Como o programa Peer Teaching de mentoria entre docentes personaliza o desenvolvimento dos professores

Publicado em 27/10/2025

por Ensino Superior

Formação docente foto: Shutterstok

Este artigo produzido por Rafael Zampar é apresentado pelo Centro Universitário Integrado*

As instituições de ensino superior brasileiras receberam em 2025 uma aguardada mudança na regulação, paradoxalmente revelando um atraso que não era da lei, mas das próprias instituições. Não há nada inédito na nova legislação da educação à distância, apenas o reconhecimento de uma realidade que algumas instituições preferiam não enxergar, a inevitável sobreposição de tempos e espaços de aprendizagem.
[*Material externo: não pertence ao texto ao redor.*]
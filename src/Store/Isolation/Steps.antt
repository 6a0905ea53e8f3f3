-- ===== src/Store/Isolation/Steps.antt =====
-- internal/store: no sequence of calls for other organisations changes what an organisation sees.
use mathlib.Core.List.{reverse, reverse-append}
use enisa_sbd_example.Common.{
  ◌≡◌, ◌≢◌, inl, inr, refl, sym, ap, subst, ◌∙◌, List, [], ◌∷◌, ◌++◌, Bytes, false, text_eq,
  text_eq-eq-false, lookup, insert, lookup-insert, ok, Result-cases, keep, or_nil,
}
use enisa_sbd_example.Store.Model.{Time, Device, Reading, AuditEntry, Store, readings_of}
use enisa_sbd_example.Store.Scope.{Scope, org_scope, org_of}
use enisa_sbd_example.Store.Writes.{
  enrol, record_reading, append_audit, newest_kept, stamp, stamp_entry,
}
use enisa_sbd_example.Store.Invariant.{
  enrol-ok, record_reading-ok, append_audit-ok, Step, enrols, records, logs, Reach, here, next,
}
use enisa_sbd_example.Store.Reads.{fleet, readings}
use enisa_sbd_example.Store.Reads.Order.{is_shown, audit-eq}
use enisa_sbd_example.Store.Isolation.{
  SameView, IsOther, devices_isolated, org_of-org_scope, no_scope_view,
}

-- A call that is not the organisation's: it enrols a device elsewhere, under an id that is not one
-- of the organisation's devices; it records for such a device; or it logs under another scope.
abbrev pub IsForeign : {s t : Store} → Bytes → Step s t → Type 0
IsForeign {s} org (enrols d _) = (d.org_id ≢ org) × IsOther org (lookup d.id s.devices)
IsForeign {s} org (records now id r _) = IsOther org (lookup id s.devices)
IsForeign {s} org (logs now sc e _) = sc ≢ org_scope org

enrol_isolated :
    (s t : Store) (org : Bytes) (d : Device)
    → d.org_id ≢ org
    → IsOther org (lookup d.id s.devices)
    → enrol s d ≡ ok t
    → SameView s t (org_scope org)
enrol_isolated s t org d foreign other h =
    let e = (enrol-ok s t d h).2 in
    rw e (
      devices_isolated s (record s { devices = insert d.id d s.devices }) org d.id d foreign other
        refl (λ j ne. refl) refl)

readings_elsewhere :
    (id j : Bytes) (rs : List Reading) (s : Store)
    → text_eq id j ≡ false
    → lookup j (insert id rs s.readings) ≡ lookup j s.readings
readings_elsewhere id j rs s differ = rw (lookup-insert, differ)

record_reading_isolated :
    (s t : Store) (org : Bytes) (now : Time) (id : Bytes) (r : Reading)
    → IsOther org (lookup id s.devices)
    → record_reading s now id r ≡ ok t
    → SameView s t (org_scope org)
record_reading_isolated s t org now id r other h =
    let (d, found, e) = record_reading-ok s t now id r h in
    let rs = newest_kept (readings_of s id ++ stamp id now r ∷ []) in
    let foreign : d.org_id ≢ org = subst (IsOther org) found other in
    rw e (
      devices_isolated s
        (record s {
          devices = insert id (record d { last_seen = now }) s.devices;
          readings = insert id rs s.readings;
        })
        org id (record d { last_seen = now }) foreign other refl
        (λ j differ. ap or_nil (readings_elsewhere id j rs s differ)) refl)

-- An entry of another organisation is not shown.
keep-foreign :
    (org prefix : Bytes) (e : AuditEntry) (entries : List AuditEntry)
    → e.org_id ≢ org
    → keep (is_shown org prefix) (reverse (entries ++ e ∷ []))
      ≡ keep (is_shown org prefix) (reverse entries)
keep-foreign org prefix e entries h =
    rw (reverse-append entries (e ∷ []), text_eq-eq-false e.org_id org h)

append_audit_isolated :
    (s t : Store) (org : Bytes) (now : Time) (sc : Scope) (e : AuditEntry)
    → sc ≢ org_scope org
    → append_audit s now sc e ≡ ok t
    → SameView s t (org_scope org)
append_audit_isolated s t org now sc e foreign h = elim (Result-cases (org_of (org_scope org))) [
  | inr (x, failed) ↦ no_scope_view s t (org_scope org) x failed
  | inl (o, found) ↦
      let (a, has_org, same_scope, same) = append_audit-ok s t now sc e h in
      let differ : a ≢ org = λ p. foreign (same_scope ∙ ap org_scope p) in
      let scoped : org_of (org_scope org) ≡ ok org =
        subst (λ x. org_of (org_scope org) ≡ ok x) (org_of-org_scope org o found) found in
      let t' : Store = record s { audit = s.audit ++ stamp_entry a now e ∷ [] } in
      rw same (record {
        same_fleet = unfold fleet in refl;
        same_readings = λ id limit. unfold readings in refl;
        same_audit = λ prefix.
            audit-eq s (org_scope org) org prefix scoped
            ∙ ap ok (sym (keep-foreign org prefix (stamp_entry a now e) s.audit differ))
            ∙ sym (audit-eq t' (org_scope org) org prefix scoped);
      })
]

pub Step-SameView :
    {s t : Store} (org : Bytes) (st : Step s t) → IsForeign org st → SameView s t (org_scope org)
Step-SameView {s} {t} org (enrols d h) (foreign, other) = enrol_isolated s t org d foreign other h
Step-SameView {s} {t} org (records now id r h) other =
    record_reading_isolated s t org now id r other h
Step-SameView {s} {t} org (logs now sc e h) foreign =
    append_audit_isolated s t org now sc e foreign h

-- Every call of a sequence is foreign to the organisation.
abbrev pub AllForeign : {s t : Store} → Bytes → Reach s t → Type 0
AllForeign org here = Unit
AllForeign org (next r st) = AllForeign org r × IsForeign org st

pub SameView-trans :
    {s t u : Store} {sc : Scope} → SameView s t sc → SameView t u sc → SameView s u sc
SameView-trans v w = record {
  same_fleet = v.same_fleet ∙ w.same_fleet;
  same_readings = λ id limit. v.same_readings id limit ∙ w.same_readings id limit;
  same_audit = λ prefix. v.same_audit prefix ∙ w.same_audit prefix;
}

-- After any calls that enrol no device with the organisation or under the id of one of its devices,
-- record nothing for its devices and log nothing under its scope, its fleet, its readings of any
-- device with any limit, and its audit entries under any prefix are what they were.
pub Reach-SameView :
    {s t : Store} (org : Bytes) (r : Reach s t) → AllForeign org r → SameView s t (org_scope org)
Reach-SameView org here _ = record {
  same_fleet = refl;
  same_readings = λ _ _. refl;
  same_audit = λ _. refl;
}
Reach-SameView org (next r st) (fs, f) =
    SameView-trans (Reach-SameView org r fs) (Step-SameView org st f)
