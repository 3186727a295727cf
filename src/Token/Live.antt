-- ===== src/Token/Live.antt =====
-- tokenBucket of algorithms.go on a bucket that is in the cache, has not expired, and has the
-- request's configuration.
use gubernator.Interval.{epoch_millis}
use gubernator.Prelude.{
  String, List, [], Bool, false, ◌≡◌, refl, sym, subst, arith, eqb_ℤ_iff, if◌then◌else◌,
}
use gubernator.Token.Bucket.{
  token_bucket, token_found, token_of_value, token_update, token_finish, update_limit,
  under_limit_resp, decide, count_forgiven, over_limit_metrics,
}
use gubernator.Types.{
  CacheItem, Value, TokenBucketItem, RateLimitReq, RateLimitResp, Metric, hash_key, is_expired,
  has_behavior, reset_remaining,
}
use gubernator.World.{Runtime, World, ok, fetch, write_back, count_metrics}
use gubernator.World.Fetch.{
  Holding, Holding-key, fetch_hit, notify-Holding, count-Holding, write_back-Holding,
}

-- The request asks the bucket's own limit and duration, and no reset.
pub record SameConfig (r : RateLimitReq) (t : TokenBucketItem) : Type 0 where
  pub limit : r.limit ≡ t.limit
  pub duration : r.duration ≡ t.duration
  pub no_reset : has_behavior r.behavior reset_remaining ≡ false

update_limit_same :
    (r : RateLimitReq) (t : TokenBucketItem) → r.limit ≡ t.limit → update_limit r t ≡ t
unfolding update_limit
update_limit_same r t e = ground (arith, eqb_ℤ_iff t.limit r.limit)

module _ {F S T : Type 0} (rt : Runtime F S T) where
  -- The bucket, the response and the world after the decision on a bucket.
  abbrev pub decided :
      RateLimitReq → CacheItem F → TokenBucketItem → TokenBucketItem × RateLimitResp × Bool
  decided r item t = decide r t (under_limit_resp r t.remaining item.expire_at)

  abbrev pub with_token : CacheItem F → TokenBucketItem → CacheItem F
  with_token item t = record item { value = Value.token t }

  token_finish-Holding :
      (r : RateLimitReq) (o : Bool) (item : CacheItem F) (t : TokenBucketItem) (rl : RateLimitResp)
      (w : World F S)
      → (key : String) → Holding w key item
      → Holding (token_finish rt r o item t rl w).0 key (with_token item (decide r t rl).0)
        × ((token_finish rt r o item t rl w).1 ≡ ok (decide r t rl).1)
  unfolding token_finish
  token_finish-Holding r o item t rl w key h =
      let item' = with_token item (decide r t rl).0 in
      let ms : List (Metric F) = if (decide r t rl).2 then over_limit_metrics o else [] in
      let counted = count-Holding rt ms w key item h in
      let written =
        write_back-Holding rt (count_metrics rt ms w) key item item' counted (Holding-key rt h) in
      (
        notify-Holding rt o r item' _ key item' (
            subst (λ k. Holding (write_back rt k item' (count_metrics rt ms w)) key item')
              (sym (Holding-key rt h)) written),
        refl,
      )

  token_found_live :
      (now : T) (r : RateLimitReq) (o : Bool) (w : World F S) (item : CacheItem F)
      (t : TokenBucketItem)
      → item.value ≡ Value.token t
      → SameConfig r t
      → token_found rt now r o item w
        ≡ token_finish rt r o item t (under_limit_resp r t.remaining item.expire_at) w
  unfolding token_found token_of_value token_update count_forgiven
  token_found_live now r o w item t e same =
      ground (arith, update_limit_same r t same.limit, eqb_ℤ_iff t.duration r.duration)

  -- When the cache holds, under the request's key, a token bucket that has not expired, and the
  -- request has the bucket's limit and duration and no reset, tokenBucket answers what the decision
  -- on that bucket answers, and the cache then holds the bucket that the decision leaves.
  pub token_bucket_live :
      (now : T) (r : RateLimitReq) (o : Bool) (w : World F S) (item : CacheItem F)
      (t : TokenBucketItem)
      → Holding w (hash_key r) item
      → is_expired (epoch_millis rt.cal now) item ≡ false
      → item.value ≡ Value.token t
      → SameConfig r t
      → Holding (token_bucket rt now r o w).0 (hash_key r) (with_token item (decided r item t).0)
        × ((token_bucket rt now r o w).1 ≡ ok (decided r item t).1)
  unfolding token_bucket
  token_bucket_live now r o w item t h live is_token same =
      let now' = epoch_millis rt.cal now in
      let (found, held, _) = fetch_hit rt now' r w item h live (λ e. cc) in
      rw (found, token_bucket, token_found_live now r o (fetch rt now' r w).0 item t is_token same)
        (token_finish-Holding r o item t _ (fetch rt now' r w).0 (hash_key r) held)
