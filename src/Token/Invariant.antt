-- ===== src/Token/Invariant.antt =====
-- tokenBucket of algorithms.go, branch by branch, against the invariant on the cached items.
use gubernator.Balance.{debt_at}
use gubernator.Interval.{epoch_millis}
use gubernator.Prelude.{
  ℤ, pos, ◌≤ℤ◌, ◌+ℤ◌, ◌-ℤ◌, [], Bool, ◌≡◌, refl, arith, subst, int_laws, one_part, IsInt64, add64,
  sub64, add64-eq, sub64_nonneg, ltb_ℤ, eqb_ℤ, eqb_ℤ_iff, +ℤ_parts, -ℤ_parts, if◌then◌else◌,
  Option-cases, Bool-cases, inl, inr,
}
use gubernator.Sound.{Sound}
use gubernator.Token.Bucket.{
  token_bucket, token_found, token_of_value, token_update, token_finish, token_new_item,
  token_bucket_new_item, update_limit, renew_if_expired, decide, count_forgiven, over_limit_metrics,
  expiry,
}
use gubernator.Token.Decision.{InLimit, decide-InLimit}
use gubernator.Token.Live.{with_token}
use gubernator.Types.{
  CacheItem, Value, TokenBucketItem, RateLimitReq, RateLimitResp, hash_key, created_at_of,
  has_behavior, reset_remaining,
}
use gubernator.World.{Runtime, World, fetch, count_metrics}
use gubernator.World.Keeps.{
  Keeps, Found, StoreKeeps, count-Keeps, add_item-Keeps, remove_item-Keeps, write_back-Keeps,
  notify-Keeps, fetch-Keeps,
}

-- Hits and limit are int64 values that are not negative.
pub record IsPlain (r : RateLimitReq) : Type 0 where
  pub hits : pos 0 ≤ℤ r.hits
  pub hits_word : IsInt64 r.hits
  pub limit : pos 0 ≤ℤ r.limit
  pub limit_word : IsInt64 r.limit

-- A new limit moves the remaining hits without a wrap.
moved_limit :
    (r : RateLimitReq) (t : TokenBucketItem)
    → IsPlain r
    → InLimit t
    → add64 t.remaining (sub64 r.limit t.limit) ≡ t.remaining +ℤ (r.limit -ℤ t.limit)
moved_limit r t p v =
    let e = sub64_nonneg r.limit t.limit p.limit p.limit_word (omega int_laws) v.word in
    let sum = t.remaining +ℤ (r.limit -ℤ t.limit) in
    rw e (
      add64-eq t.remaining (r.limit -ℤ t.limit) (record {
        below = omega (int_laws, p.limit_word, one_part sum, one_part r.limit);
        above = omega (int_laws, p.limit_word, v.word, one_part sum, one_part t.limit);
      }))

-- When a request has int64 hits and limit that are not negative, and a bucket is within its int64
-- limit, the bucket with the request's limit has that limit and is within it.
pub update_limit-InLimit :
    (r : RateLimitReq) (t : TokenBucketItem)
    → IsPlain r
    → InLimit t
    → InLimit (update_limit r t) × ((update_limit r t).limit ≡ r.limit)
unfolding update_limit
update_limit-InLimit r t p v = ground (
  arith,
  moved_limit r t p v,
  +ℤ_parts t.remaining (r.limit -ℤ t.limit),
  -ℤ_parts r.limit t.limit,
  one_part (t.remaining +ℤ (r.limit -ℤ t.limit)),
  eqb_ℤ_iff t.limit r.limit,
)

renew-InLimit :
    (r : RateLimitReq) (expire : ℤ) (t : TokenBucketItem)
    → InLimit t
    → InLimit (renew_if_expired r expire t).1
unfolding renew_if_expired
renew-InLimit r expire t v = ground (arith, v)

module _ {F S T : Type 0} (rt : Runtime F S T) where
  pub new_item-Sound :
      (r : RateLimitReq) (expire : ℤ) → IsPlain r → Sound rt.fl (token_new_item rt r expire).0
  unfolding token_new_item
  new_item-Sound r expire p = ground (
    arith,
    sub64_nonneg r.limit r.hits p.limit p.limit_word p.hits p.hits_word,
    -ℤ_parts r.limit r.hits,
    one_part (r.limit -ℤ r.hits),
  )

  abbrev Ok : World F S → Type 0
  Ok w = Keeps (Sound rt.fl) w

  finish-Keeps :
      (r : RateLimitReq) (o : Bool) (item : CacheItem F) (t : TokenBucketItem) (rl : RateLimitResp)
      (w : World F S)
      → IsPlain r
      → InLimit t
      → rl.remaining ≡ t.remaining
      → Ok w
      → Ok (token_finish rt r o item t rl w).0
  unfolding token_finish
  finish-Keeps r o item t rl w p v e h =
      let item' = with_token rt item (decide r t rl).0 in
      let counted =
        count-Keeps rt (Sound rt.fl) (if (decide r t rl).2 then over_limit_metrics o else []) w h in
      let kept : Sound rt.fl item' = (decide-InLimit r t rl p.hits v e).0 in
      notify-Keeps rt (Sound rt.fl) o r item' _
        (write_back-Keeps rt (Sound rt.fl) item.key item' _ refl kept counted)

  new_item-Keeps :
      (now : T) (r : RateLimitReq) (o : Bool) (w : World F S)
      → IsPlain r
      → Ok w
      → Ok (token_bucket_new_item rt now r o w).0
  unfolding token_bucket_new_item
  new_item-Keeps now r o w p h = elim (Option-cases (expiry rt now r (created_at_of r))) [
    | inl e ↦ rw (e, token_bucket_new_item) h
    | inr (expire, e) ↦
        let item = (token_new_item rt r expire).0 in
        let counted : Ok
            (if ltb_ℤ r.limit r.hits then count_metrics rt (over_limit_metrics o) w else w) =
          elim (Bool-cases (ltb_ℤ r.limit r.hits)) [
            | inl c ↦ rw c (count-Keeps rt (Sound rt.fl) (over_limit_metrics o) w h)
            | inr c ↦ rw c h
          ] in
        rw (e, token_bucket_new_item)
          (notify-Keeps rt (Sound rt.fl) o r item _ (
            add_item-Keeps rt (Sound rt.fl) (epoch_millis rt.cal now) item _
              (new_item-Sound r expire p) counted))
  ]

  update-Keeps :
      (now : T) (r : RateLimitReq) (o : Bool) (item : CacheItem F) (t : TokenBucketItem)
      (w : World F S)
      → IsPlain r
      → InLimit t
      → Ok w
      → Ok (token_update rt now r o item t w).0
  unfolding token_update
  update-Keeps now r o item t₀ w p v₀ h =
      let t = update_limit r t₀ in
      let v = (update_limit-InLimit r t₀ p v₀).0 in
      elim (Bool-cases (eqb_ℤ t.duration r.duration)) [
        | inl same ↦ rw same (finish-Keeps r o item t _ w p v refl h)
        | inr other ↦ elim (Option-cases (expiry rt now r t.created_at)) [
          | inl e ↦ rw other (
              rw (e, token_update)
                (write_back-Keeps rt (Sound rt.fl) item.key (with_token rt item t) w refl v h))
          | inr (expire, e) ↦ rw other (
              rw (e, token_update)
                (finish-Keeps r o _ (renew_if_expired r expire t).1 _ w p
                  (renew-InLimit r expire t v) refl h))
        ]
      ]

  count_forgiven-Keeps :
      (now : ℤ) (v : Value F) (w : World F S) → Ok w → Ok (count_forgiven rt now v w)
  unfolding count_forgiven
  count_forgiven-Keeps now (Value.leaky b) w h = elim (Bool-cases (debt_at rt.fl b now)) [
    | inl e ↦ rw e (count-Keeps rt (Sound rt.fl) _ w h)
    | inr e ↦ rw e h
  ]
  count_forgiven-Keeps now Value.nil_value w h = h
  count_forgiven-Keeps now (Value.token t) w h = h
  count_forgiven-Keeps now Value.foreign w h = h

  value-Keeps :
      (now : T) (r : RateLimitReq) (o : Bool) (item : CacheItem F) (v : Value F) (w : World F S)
      → IsPlain r
      → Sound rt.fl (record item { value = v })
      → Ok w
      → Ok (token_of_value rt now r o item v w).0
  unfolding token_of_value
  value-Keeps now r o item (Value.token t) w p v h = update-Keeps now r o item t w p v h
  value-Keeps now r o item _ w p v h =
      new_item-Keeps now r o _ p (remove_item-Keeps rt (Sound rt.fl) (hash_key r) w h)

  found-Keeps :
      (now : T) (r : RateLimitReq) (o : Bool) (item : CacheItem F) (w : World F S)
      → IsPlain r
      → Sound rt.fl item
      → Ok w
      → Ok (token_found rt now r o item w).0
  unfolding token_found
  found-Keeps now r o item w p v h =
      let counted = count_forgiven-Keeps (epoch_millis rt.cal now) item.value w h in
      elim (Bool-cases (has_behavior r.behavior reset_remaining)) [
        | inl e ↦ rw e (remove_item-Keeps rt (Sound rt.fl) (hash_key r) _ counted)
        | inr e ↦ rw e (value-Keeps now r o item item.value _ p v counted)
      ]

  -- When the store hands out sound items only and the request has int64 hits and limit that are not
  -- negative, tokenBucket keeps a cache in order whose items are all sound: token buckets between
  -- zero and their limit, leaky buckets at or below a burst that is not negative.
  pub token_bucket-Keeps :
      (now : T) (r : RateLimitReq) (o : Bool) (w : World F S)
      → StoreKeeps rt (Sound rt.fl)
      → IsPlain r
      → Ok w
      → Ok (token_bucket rt now r o w).0
  unfolding token_bucket
  token_bucket-Keeps now r o w s p h =
      let now' = epoch_millis rt.cal now in
      let (kept, f) = fetch-Keeps rt (Sound rt.fl) now' r w s h in
      elim (Option-cases (fetch rt now' r w).1) [
        | inl e ↦ rw (e, token_bucket) (new_item-Keeps now r o (fetch rt now' r w).0 p kept)
        | inr (i, e) ↦
            rw (e, token_bucket)
              (found-Keeps now r o i (fetch rt now' r w).0 p (subst (Found (Sound rt.fl)) e f) kept)
      ]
Quando a regulação se torna mais ousada que as práticas internas, algo essencial se inverte: o sistema passa a depender de uma norma para legitimar a inovação.

A institucionalização do modelo semipresencial representa a principal inflexão trazida pela nova legislação e expõe um ponto inevitável: como se adaptar a estudantes que já não aprendem em um único tempo, espaço ou formato? Para muitas instituições, o semipresencial tem provocado um incômodo necessário, o de rever currículos, espaços e modos de ensinar que não dialogam mais com uma geração habituada à simultaneidade, à conexão constante e à busca por relevância. É nesse cenário que o professor se torna o eixo da transformação, pois a mudança institucional só se concretiza quando quem ensina também se dispõe a aprender novamente.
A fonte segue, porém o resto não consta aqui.